Your task — For the records below, print the lines from the line with "pub test_ipc_register : S → Bool × S" through the line with "pub recovery_scheduler : S → Bool × S" exactly as written; include both end lines and exclude the rest.

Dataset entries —
Content starts
-- ===== src/Diagnostics/Table.antt =====
-- kernel/src/ktest.rs: the table of diagnostic tests, and the quick checks at run time. The functions
-- that look at the other subsystems are fields of `Checks`.
use nonameos.Prelude.{
  ◌+◌, Bool, true, false, List, [], ◌∷◌, Option, none, some, ◌>>=◌, leb, ◌==◌, if◌then◌else◌,
}
use nonameos.Memory.Phys.{Phys, alloc_frame, free_frame}
use nonameos.Diagnostics.{
  critical, required, optional, memory, vfs, ipc, drivers, scheduler, syscall, DiagTest,
}

pub record Checks {ℓ} (S : Type ℓ) : Type ℓ where
  pub test_phys_alloc_and_free : S → Bool × S
  pub test_phys_alloc_aligned : S → Bool × S
  pub test_phys_free_restores : S → Bool × S
  pub test_phys_double_free : S → Bool × S
  pub test_vfs_root_exists : S → Bool × S
  pub test_vfs_lookup_dev : S → Bool × S
  pub test_vfs_lookup_nonexistent : S → Bool × S
  pub test_vfs_create_and_write : S → Bool × S
  pub test_vfs_create_and_read : S → Bool × S
  pub test_ipc_register : S → Bool × S
  pub test_ipc_send_receive : S → Bool × S
  pub test_ipc_queue_overflow : S → Bool × S
  pub test_driver_register_device : S → Bool × S
  pub test_driver_match : S → Bool × S
  pub test_sched_init_state : S → Bool × S
  pub test_sched_thread_count : S → Bool × S
  pub test_shim_kmalloc : S → Bool × S
  pub test_shim_spinlock : S → Bool × S
  pub recovery_memory : S → Bool × S
  pub recovery_vfs : S → Bool × S
  pub recovery_scheduler : S → Bool × S

-- The table, over the functions that it names.
abbrev pub diag_tests {ℓ} : {S : Type ℓ} → Checks S → List (DiagTest S)
diag_tests c =
    (record {
      name = "phys::alloc_and_free";
      subsystem = memory;
      severity = critical;
      func = c.test_phys_alloc_and_free;
      recovery = some c.recovery_memory;
    })
    ∷ (record {
      name = "phys::alloc_returns_aligned";
      subsystem = memory;
      severity = critical;
      func = c.test_phys_alloc_aligned;
      recovery = some c.recovery_memory;
    })
    ∷ (record {
      name = "phys::free_restores_count";
      subsystem = memory;
      severity = required;
      func = c.test_phys_free_restores;
      recovery = none;
    })
    ∷ (record {
      name = "phys::double_free_safe";
      subsystem = memory;
      severity = optional;
      func = c.test_phys_double_free;
      recovery = none;
    })
    ∷ (record {
      name = "vfs::root_exists";
      subsystem = vfs;
      severity = critical;
      func = c.test_vfs_root_exists;
      recovery = some c.recovery_vfs;
    })
    ∷ (record {
      name = "vfs::lookup_dev";
      subsystem = vfs;
      severity = required;
      func = c.test_vfs_lookup_dev;
      recovery = some c.recovery_vfs;
    })
    ∷ (record {
      name = "vfs::lookup_nonexistent";
      subsystem = vfs;
      severity = optional;
      func = c.test_vfs_lookup_nonexistent;
      recovery = none;
    })
    ∷ (record {
      name = "vfs::create_and_write";
      subsystem = vfs;
      severity = required;
      func = c.test_vfs_create_and_write;
      recovery = none;
    })
    ∷ (record {
      name = "vfs::create_and_read";
      subsystem = vfs;
      severity = required;
      func = c.test_vfs_create_and_read;
      recovery = none;
    })
    ∷ (record {
      name = "ipc::register_endpoint";
      subsystem = ipc;
      severity = required;
      func = c.test_ipc_register;
      recovery = none;
    })
    ∷ (record {
      name = "ipc::send_receive";
      subsystem = ipc;
      severity = required;
      func = c.test_ipc_send_receive;
      recovery = none;
    })
    ∷ (record {
      name = "ipc::queue_overflow";
      subsystem = ipc;
      severity = optional;
      func = c.test_ipc_queue_overflow;
      recovery = none;
    })
    ∷ (record {
      name = "drivers::register_device";
      subsystem = drivers;
      severity = required;
      func = c.test_driver_register_device;
      recovery = none;
    })
    ∷ (record {
      name = "drivers::driver_match";
      subsystem = drivers;
      severity = optional;
      func = c.test_driver_match;
      recovery = none;
    })
    ∷ (record {
      name = "sched::init_state";
      subsystem = scheduler;
      severity = critical;
      func = c.test_sched_init_state;
      recovery = some c.recovery_scheduler;
    })
    ∷ (record {
      name = "sched::thread_count";
      subsystem = scheduler;
      severity = required;
      func = c.test_sched_thread_count;
      recovery = none;
    })
    ∷ (record {
      name = "shim::kmalloc_kfree";
      subsystem = syscall;
      severity = required;
      func = c.test_shim_kmalloc;
      recovery = none;
    })
    ∷ (record {
      name = "shim::spinlock";
      subsystem = syscall;
      severity = optional;
      func = c.test_shim_spinlock;
      recovery = none;
    })
    ∷ []

-- `phys::free_count` is the field. `none` is a panic of the allocator.
unfoldable pub test_phys_alloc_and_free : Phys → Option (Bool × Phys)
test_phys_alloc_and_free p = do
  (frame, p1) ← alloc_frame p
  elim frame [
    | none ↦ some (false, p1)
    | some addr ↦
        if leb p.free_frames p1.free_frames
        then some (false, p1)
        else free_frame addr p1 >>= λ p2. some (p2.free_frames == p.free_frames, p2)
  ]

unfoldable pub test_phys_double_free : Phys → Option (Bool × Phys)
test_phys_double_free p = do
  (frame, p1) ← alloc_frame p
  elim frame [
    | none ↦ some (false, p1)
    | some addr ↦ free_frame addr p1 >>= λ p2.
        free_frame addr p2 >>= λ p3. some (leb p3.free_frames (p.free_frames + 1), p3)
  ]

unfoldable pub quick_check_memory : Phys → Option (Bool × Phys)
quick_check_memory p = do
  (frame, p1) ← alloc_frame p
  elim frame [ some addr ↦ free_frame addr p1 >>= λ p2. some (true, p2) | none ↦ some (false, p1) ]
Content ends
Solution to this problem —
  pub test_ipc_register : S → Bool × S
  pub test_ipc_send_receive : S → Bool × S
  pub test_ipc_queue_overflow : S → Bool × S
  pub test_driver_register_device : S → Bool × S
  pub test_driver_match : S → Bool × S
  pub test_sched_init_state : S → Bool × S
  pub test_sched_thread_count : S → Bool × S
  pub test_shim_kmalloc : S → Bool × S
  pub test_shim_spinlock : S → Bool × S
  pub recovery_memory : S → Bool × S
  pub recovery_vfs : S → Bool × S
  pub recovery_scheduler : S → Bool × S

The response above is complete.